Scouts continued to work through the detritus like little fish swimming through a swirl of sand and mud, sending information by noach to Greyhound. Shrike no doubt had its own scouts, but the arc was huge, three million kilometers from end to end and several hundred thousand kilometers broad, and the area studied by Shrike was still relatively unknown to them.

Giacomo approached Martin and kneeled beside him. Martin looked up; surprised himself by having napped. He glimpsed the star sphere; Greyhound was very near Shrike. “What is it?” Martin asked.

“We’re here. Stonemaker won’t talk to any human but you. He’s on the noach, and he wants it private.”

“Did you tell Ariel?” She was not in the schoolroom.

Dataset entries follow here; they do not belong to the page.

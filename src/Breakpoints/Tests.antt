-- ===== src/Breakpoints/Tests.antt =====
-- Cache breakpoints at concrete inputs.
use umans_gate.Base.{ℕ, ◌≡◌, refl, false, List, [], ◌∷◌, Option, none, some, String}
use umans_gate.Breakpoints.{
  CacheControl, ContentBlock, text, blocks, Message, AnthropicBody, breakpoint, restamp_breakpoints,
  restamp_messages, restamp_content, restamp_blocks, restamp_block, restamp_system,
  strip_breakpoint, with_breakpoint, last_user,
}
use umans_gate.Breakpoints.System.{body_marks, restamp_breakpoints_idem, restamp_breakpoints-marks}
use umans_gate.Breakpoints.Unchanged.{bare, bare-restamp_breakpoints}

abbrev block : Option CacheControl → ContentBlock ℕ
block c = record { kind = some "text"; cache_control = c; rest = 0 }

abbrev message : String → List (ContentBlock ℕ) → Message ℕ
message role bs = record { role = role; content = blocks bs; rest = 0 }

-- A breakpoint rides on the tool use of the assistant, and none on the last user message.
abbrev asked : Message ℕ
asked = message "user" (block none ∷ [])

abbrev rolling : List (Message ℕ)
rolling =
    message "assistant" (block (some breakpoint) ∷ [])
    ∷ message "user" (block none ∷ block none ∷ [])
    ∷ []

abbrev body : AnthropicBody ℕ
body = record { messages = some (asked ∷ rolling); system = text "be brief"; rest = 0 }

restamped :
    (restamp_breakpoints body).0.messages
    ≡ some (
        asked
        ∷ message "assistant" (block none ∷ [])
        ∷ message "user" (block none ∷ block (some breakpoint) ∷ [])
        ∷ [])
unfolding restamp_breakpoints restamp_messages restamp_content restamp_blocks restamp_block
    restamp_system strip_breakpoint with_breakpoint last_user
restamped = refl

restamp_breakpoints_idem_example :
    restamp_breakpoints (restamp_breakpoints body).0 ≡ ((restamp_breakpoints body).0, false)
restamp_breakpoints_idem_example = restamp_breakpoints_idem body

restamp_breakpoints-marks_example : body_marks (restamp_breakpoints body).0 ≡ 1
restamp_breakpoints-marks_example = (restamp_breakpoints-marks body asked rolling refl).0

bare-restamp_breakpoints_example : bare (restamp_breakpoints body).0 ≡ bare body
bare-restamp_breakpoints_example = bare-restamp_breakpoints body
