-- ===== src/Budget.antt =====
-- The budget that is shown, and the tier of a wallet (src/usage/budget.ts, src/usage/pricing-tier.ts).
-- Percentages and limits are natural numbers. `sort` is the stable sort of an array.
pub mod Urgency
mod Tests
use umans_gate.Base.{
  ℕ, Bool, true, false, ◌&&◌, List, [], ◌∷◌, Option, none, some, if◌then◌else◌, String, ltb,
  nat_beq,
}

pub record PriorityBudgetEntry : Type 0 where
  pub category : String
  pub label : String
  pub models : List String
  pub used_pct : ℕ
  pub over_budget_today : Bool
  pub mode : String
  pub resets_at : Option ℕ

-- Whether the comparison of the two is negative: `a` is the more urgent one.
abbrev pub before : PriorityBudgetEntry → PriorityBudgetEntry → Bool
before a b =
    if a.over_budget_today
    then (if b.over_budget_today then ltb b.used_pct a.used_pct else true)
    else if b.over_budget_today
    then false
    else ltb b.used_pct a.used_pct

-- An entry stays before those after it that are not more urgent.
abbrev pub place : PriorityBudgetEntry → List PriorityBudgetEntry → List PriorityBudgetEntry
place x [] = x ∷ []
place x (y ∷ ys) = let rest = place x ys in if before y x then y ∷ rest else x ∷ y ∷ ys

unfoldable pub sorted : List PriorityBudgetEntry → List PriorityBudgetEntry
sorted [] = []
sorted (x ∷ xs) = place x (sorted xs)

-- `entries.every((e) => e.usedPct === 0)`
abbrev pub every_unused : List PriorityBudgetEntry → Bool
every_unused [] = true
every_unused (e ∷ es) = nat_beq e.used_pct 0 && every_unused es

abbrev pub first : List PriorityBudgetEntry → Option PriorityBudgetEntry
first [] = none
first (e ∷ es) = some e

-- The summary has the fields of the entry.
unfoldable pub select_most_urgent_budget : List PriorityBudgetEntry → Option PriorityBudgetEntry
select_most_urgent_budget entries = if every_unused entries then none else first (sorted entries)

pub data WalletTier : Type 0 where
  tier : ℕ → WalletTier
  unknown : WalletTier

pub record WalletTierRow : Type 0 where
  pub tier : ℕ
  pub requests_limit : ℕ
  pub window_seconds : ℕ
  pub concurrency_limit : ℕ

abbrev pub tier_row : ℕ → ℕ → ℕ → WalletTierRow
tier_row index requests concurrency = record {
  tier = index;
  requests_limit = requests;
  window_seconds = 18000;
  concurrency_limit = concurrency;
}

abbrev pub wallet_tiers : List WalletTierRow
wallet_tiers = tier_row 0 500 4 ∷ tier_row 1 1000 8 ∷ tier_row 2 2000 12 ∷ tier_row 3 4000 16 ∷ []

abbrev pub find_tier : ℕ → List WalletTierRow → WalletTier
find_tier limit [] = unknown
find_tier limit (r ∷ rs) =
    let rest = find_tier limit rs in if nat_beq r.requests_limit limit then tier r.tier else rest

-- The limit of requests alone decides.
unfoldable pub derive_wallet_tier : Option ℕ → WalletTier
derive_wallet_tier none = unknown
derive_wallet_tier (some limit) = find_tier limit wallet_tiers
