-- ===== src/Budget/Urgency.antt =====
-- The budget that src/usage/budget.ts selects is the most urgent one.
use umans_gate.Base.{
  ◌≡◌, refl, sym, ◌∙◌, subst, ◌⊎◌, inl, inr, true, false, List, [], ◌∷◌, Option, none, some,
  Bool-cases, Option-cases, if◌then◌else◌, arith, ap, ◌<◌, ◌↔◌, All,
}
use mathlib.Core.Bool.{true≢false}
use umans_gate.Budget.{
  PriorityBudgetEntry, before, place, sorted, every_unused, first, select_most_urgent_budget,
}

-- One of the entries, before which none of them comes.
abbrev pub Leads : PriorityBudgetEntry → List PriorityBudgetEntry → Type 0
Leads t [] = true ≡ true
Leads t (e ∷ es) = (before e t ≡ false) × Leads t es

abbrev pub IsOneOf : PriorityBudgetEntry → List PriorityBudgetEntry → Type 0
IsOneOf t [] = true ≡ false
IsOneOf t (e ∷ es) = (t ≡ e) ⊎ IsOneOf t es

before-asymmetric : (a b : PriorityBudgetEntry) → before a b ≡ true → before b a ≡ false
before-asymmetric a b h = ground (arith, h)

before_trans :
    (a b c : PriorityBudgetEntry) → before b c ≡ false → before a b ≡ false → before a c ≡ false
before_trans a b c h k = ground (arith, h, k)

before-irreflexive : (a : PriorityBudgetEntry) → before a a ≡ false
before-irreflexive a = ground arith

some_inj : (a b : PriorityBudgetEntry) → some a ≡ some b → a ≡ b
some_inj a b h = cc

Leads-trans :
    (x y : PriorityBudgetEntry) (es : List PriorityBudgetEntry)
    → before y x ≡ false
    → Leads y es
    → Leads x es
Leads-trans x y [] h k = refl
Leads-trans x y (e ∷ es) h (k, more) = (before_trans e y x h k, Leads-trans x y es h more)

-- The first after `x` is put in its place.
abbrev ahead : PriorityBudgetEntry → Option PriorityBudgetEntry → Option PriorityBudgetEntry
ahead x none = some x
ahead x (some y) = if before y x then some y else some x

first-place :
    (x : PriorityBudgetEntry) (l : List PriorityBudgetEntry) → first (place x l) ≡ ahead x (first l)
first-place x [] = refl
first-place x (y ∷ ys) = elim (Bool-cases (before y x)) [ inl e ↦ rw e refl | inr e ↦ rw e refl ]

-- Of `x` and entries that `y` leads, the first one leads all.
ahead-Leads :
    (x : PriorityBudgetEntry) (xs : List PriorityBudgetEntry) (o : Option PriorityBudgetEntry)
    (t : PriorityBudgetEntry)
    → (o ≡ none → xs ≡ [])
    → ((y : PriorityBudgetEntry) → o ≡ some y → IsOneOf y xs × Leads y xs)
    → ahead x o ≡ some t
    → IsOneOf t (x ∷ xs) × Leads t (x ∷ xs)
ahead-Leads x xs none t empty led h = rw (empty refl) (
  inl (some_inj t x (sym h)),
  (subst (λ z. before x z ≡ false) (some_inj x t h) (before-irreflexive x), refl),
)
ahead-Leads x xs (some y) t empty led h =
    let (one, leads) = led y refl in
    elim (Bool-cases (before y x)) [
      | inl e ↦
          let same : y ≡ t =
            some_inj y t (subst (λ b. (if b then some y else some x) ≡ some t) e h) in
          subst (λ z. IsOneOf z (x ∷ xs) × Leads z (x ∷ xs)) same
            (inr one, (before-asymmetric y x e, leads))
      | inr e ↦
          let same : x ≡ t =
            some_inj x t (subst (λ b. (if b then some y else some x) ≡ some t) e h) in
          subst (λ z. IsOneOf z (x ∷ xs) × Leads z (x ∷ xs)) same
            (inl refl, (before-irreflexive x, Leads-trans x y xs e leads))
    ]

ahead-some :
    (x : PriorityBudgetEntry) (o : Option PriorityBudgetEntry) → ahead x o ≡ none → true ≡ false
ahead-some x none h = cc
ahead-some x (some y) h = elim (Bool-cases (before y x)) [
  | inl e ↦ ground (arith, h, e)
  | inr e ↦ ground (arith, h, e)
]

sorted-none : (xs : List PriorityBudgetEntry) → first (sorted xs) ≡ none → xs ≡ []
unfolding sorted
sorted-none [] h = refl
sorted-none (x ∷ xs) h =
    absurd (true≢false (ahead-some x (first (sorted xs)) (sym (first-place x (sorted xs)) ∙ h)))

sorted-Leads :
    (xs : List PriorityBudgetEntry) (t : PriorityBudgetEntry)
    → first (sorted xs) ≡ some t
    → IsOneOf t xs × Leads t xs
unfolding sorted
sorted-Leads [] t h = cc
sorted-Leads (x ∷ xs) t h =
    ahead-Leads x xs (first (sorted xs)) t (sorted-none xs) (sorted-Leads xs)
      (sym (first-place x (sorted xs)) ∙ h)

-- The order that is meant: a budget over its share today before one that is not, and then the greater share.
abbrev pub MoreUrgent : PriorityBudgetEntry → PriorityBudgetEntry → Type 0
MoreUrgent a b =
    ((a.over_budget_today ≡ true) × (b.over_budget_today ≡ false))
    ⊎ ((a.over_budget_today ≡ b.over_budget_today) × (b.used_pct < a.used_pct))

abbrev pub NoneMoreUrgent : PriorityBudgetEntry → List PriorityBudgetEntry → Type 0
NoneMoreUrgent t es = All (λ e. ¬ (MoreUrgent e t)) es

before-MoreUrgent : (e t : PriorityBudgetEntry) → before e t ≡ false → ¬ (MoreUrgent e t)
before-MoreUrgent e t h (inl (o, n)) = ground (arith, h, o, n)
before-MoreUrgent e t h (inr (s, l)) = ground (arith, h, s, l)

Leads-NoneMoreUrgent :
    (t : PriorityBudgetEntry) (es : List PriorityBudgetEntry) → Leads t es → NoneMoreUrgent t es
Leads-NoneMoreUrgent t [] h = tt
Leads-NoneMoreUrgent t (e ∷ es) (h, more) =
    (before-MoreUrgent e t h, Leads-NoneMoreUrgent t es more)

-- Nothing is used of any of the entries.
abbrev pub AllUnused : List PriorityBudgetEntry → Type 0
AllUnused es = All (λ e. e.used_pct ≡ 0) es

every_unused_iff : (es : List PriorityBudgetEntry) → (every_unused es ≡ true) ↔ AllUnused es
every_unused_iff [] = ((λ h. tt), (λ h. refl))
every_unused_iff (e ∷ es) =
    let ih = every_unused_iff es in
    ((λ h. (ground (arith, h), ih.0 (ground (arith, h)))), (λ p. ground (arith, p.0, ih.1 p.1)))

-- Nothing is selected where nothing is used of any budget. Else one of the entries is, and none is more urgent: over
-- budget today before the others, then by the share that is used.
pub select_most_urgent_budget-cases :
    (entries : List PriorityBudgetEntry)
    → (AllUnused entries × (select_most_urgent_budget entries ≡ none))
      ⊎ (¬ (AllUnused entries)
          × ((t : PriorityBudgetEntry) × (select_most_urgent_budget entries ≡ some t)
              × IsOneOf t entries
              × NoneMoreUrgent t entries))
unfolding select_most_urgent_budget
select_most_urgent_budget-cases entries = elim (Bool-cases (every_unused entries)) [
  | inl e ↦ inl ((every_unused_iff entries).0 e, rw e refl)
  | inr e ↦ elim (Option-cases (first (sorted entries))) [
    | inl none_left ↦
        absurd (true≢false (sym (ap every_unused (sorted-none entries none_left)) ∙ e))
    | inr (t, found) ↦
        let (one, leads) = sorted-Leads entries t found in
        inr (
          (λ u. true≢false (sym ((every_unused_iff entries).1 u) ∙ e)),
          (t, rw e found, one, Leads-NoneMoreUrgent t entries leads),
        )
  ]
]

Giacomo nodded, biting his lower lip. “She told me to get you. Search team doesn’t see anything. We don’t know what they’ve got or what they’re up to.”

A field had wrapped around him automatically while he slept, to restrain him as the acceleration ended. He converted it to a ladder and followed Giacomo to the nose.

Ariel met him outside the nose. She smiled quickly. “The Brothers like you, Martin.”

He made a wry face and pushed into the nose.

Even to the naked eye, the destruction of Sleep was impressive. Greyhound seemed to hang motionless beside Shrike about ten thousand kilometers above the arc of Sleep’s corpse, a glittering, mottled span of dust and rubble like a layer of oil and dirt on a pond. Glowing commas of molten stuff haunted the arc. One comma disintegrated before his eyes, a silent leap of puckering orange. Beyond the arc, closer in to Leviathan, two diffuse blotches marked other ruins, like swift strokes of watercolor on wet black paper.

“I’ll project the noach here,” Thorkild said, refusing to meet his eyes. “You know how to use it. Of course you do.” He looked as if he was about to cry. “Martin…”

Martin held his finger to his lips, shook his head reassuringly, falsely. He didn’t know how long it would take the wounds to heal, but he did not want to deal with Thorkild now.